Meyer: I want to get some clarification of the differences between some of these catagories in information theory. It seems they are especially important in regard to the kind of argument that Dr. Thaxton has been making. It is not really a question, as I understand it, of the quantification of information but rather the identification of qualitatively distinct kinds of information. And especially as that relates to the distinction between randomness and specified complexity. Wicken makes the distinction between structural and thermodynamic information--that structural information is an information sequence that actually conveys a message. This corresponds to the terminology of specified complexity. And I want to know if there is any mathematical way to distinguish between a random sequence and specified complexity if you don't know the code in advance, or the function of the organism. How do you make this qualitative distinction between a specified complexity and a random sequence when the mathematics seems to be identical in treating them?

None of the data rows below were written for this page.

-- ===== src/System/Readings.antt =====
-- The status query of app/services/transaction_service.py and the summary of
-- app/analytics/service.py, against the invariants of both stores.
use mpesa_mcp_server.Common.{ℕ, String, refl, Option, arith}
use mpesa_mcp_server.Common.Int.{ℤ}
use mpesa_mcp_server.Common.Json.{Json}
use mpesa_mcp_server.Common.Dict.{Dict}
use mpesa_mcp_server.Common.Exec.{Exec}
use mpesa_mcp_server.Common.Exec.Respects.{Respects, Respects-weaken, respects_rules}
use mpesa_mcp_server.World
use mpesa_mcp_server.World.{Env, World, increment, now}
use mpesa_mcp_server.World.Quiet.{Reading, Reading-Preorder, Reading-Quiet, increment-Quiet}
use mpesa_mcp_server.Observability.Metrics.{Counter}
use mpesa_mcp_server.Auth.Identity.{OperatorIdentity}
use mpesa_mcp_server.Audit.Logger.{log_event}
use mpesa_mcp_server.Audit.Quiet.{log_event-Quiet}
use mpesa_mcp_server.Safety.Policy.{PolicyDecision}
use mpesa_mcp_server.Storage.Progress as Transactions
use mpesa_mcp_server.Approvals.Progress as Approvals
use mpesa_mcp_server.Transactions.StatusService.{
  check_transaction_status, query_provider, query_if_allowed,
}
use mpesa_mcp_server.Analytics.Service.{get_today_summary}
use mpesa_mcp_server.System.Both.{Both}

module _ (env : Env) where
  log_event-Reading :
      (event_type : String) (payload : Dict Json) (actor correlation_id : Option String)
      (identity : Option OperatorIdentity)
      → Respects Reading (log_event env event_type payload actor correlation_id identity)
  log_event-Reading event_type payload actor correlation_id identity =
      Respects-weaken _ Reading-Quiet
        (log_event-Quiet env event_type payload actor correlation_id identity)

  asked-Reading : (id : String) → Respects Reading (World.check_transaction_status env id)
  unfolding World.check_transaction_status
  asked-Reading id = record {
    at = λ w. record { ids = omega arith; transactions = refl; approvals = refl };
  }

  query_provider-Reading :
      (max_stk_amount : ℤ) (id : String) → Respects Reading (query_provider env max_stk_amount id)
  unfolding query_provider
  query_provider-Reading max_stk_amount id =
      search (respects_rules, asked-Reading, log_event-Reading)

  query_if_allowed-Reading :
      (max_stk_amount : ℤ) (id : String) (decision : PolicyDecision)
      → Respects Reading (query_if_allowed env max_stk_amount id decision)
  unfolding query_if_allowed
  query_if_allowed-Reading max_stk_amount id decision =
      search (respects_rules, query_provider-Reading)

  increment-Reading : (c : Counter) → Respects Reading (increment c)
  increment-Reading c = Respects-weaken _ Reading-Quiet (increment-Quiet c)

  check_transaction_status-Reading :
      (max_stk_amount : ℤ) (id : String)
      → Respects Reading (check_transaction_status env max_stk_amount id)
  unfolding check_transaction_status
  check_transaction_status-Reading max_stk_amount id =
      search (respects_rules, increment-Reading, query_if_allowed-Reading)

  get_today_summary-Reading : (date : ℕ → ℕ) → Respects Reading (get_today_summary env date)
  unfolding get_today_summary now
  get_today_summary-Reading date = record {
    at = λ w. record { ids = omega arith; transactions = refl; approvals = refl };
  }

  reading : {A : Type 0} (m : Exec World A) → Respects Reading m → Respects (Both env) m
  reading m = Respects-weaken m (λ w v r. record {
    transactions = Transactions.Progress-idle env w v r.ids r.transactions;
    approvals = Approvals.Progress-idle env w v r.ids r.approvals;
  })

  pub check_transaction_status-Both :
      (max_stk_amount : ℤ) (id : String)
      → Respects (Both env) (check_transaction_status env max_stk_amount id)
  check_transaction_status-Both max_stk_amount id =
      reading _ (check_transaction_status-Reading max_stk_amount id)

  pub get_today_summary-Both : (date : ℕ → ℕ) → Respects (Both env) (get_today_summary env date)
  get_today_summary-Both date = reading _ (get_today_summary-Reading date)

Yockey: Briefly the answer is that it is not possible to prove whether a given sequence is random or not, because you are talking about elements which are members of themselves. Our friend, Mr. Epimenides, for example. So again, you will have to wait till the book comes out, and I will discuss that. I would like to thank everybody very much for it will be very helpful as I go through this material to make sure the points you raise are clearly explained and clearly stated. I do appreciate every comment that has been made here. Very helpful. Very constructive.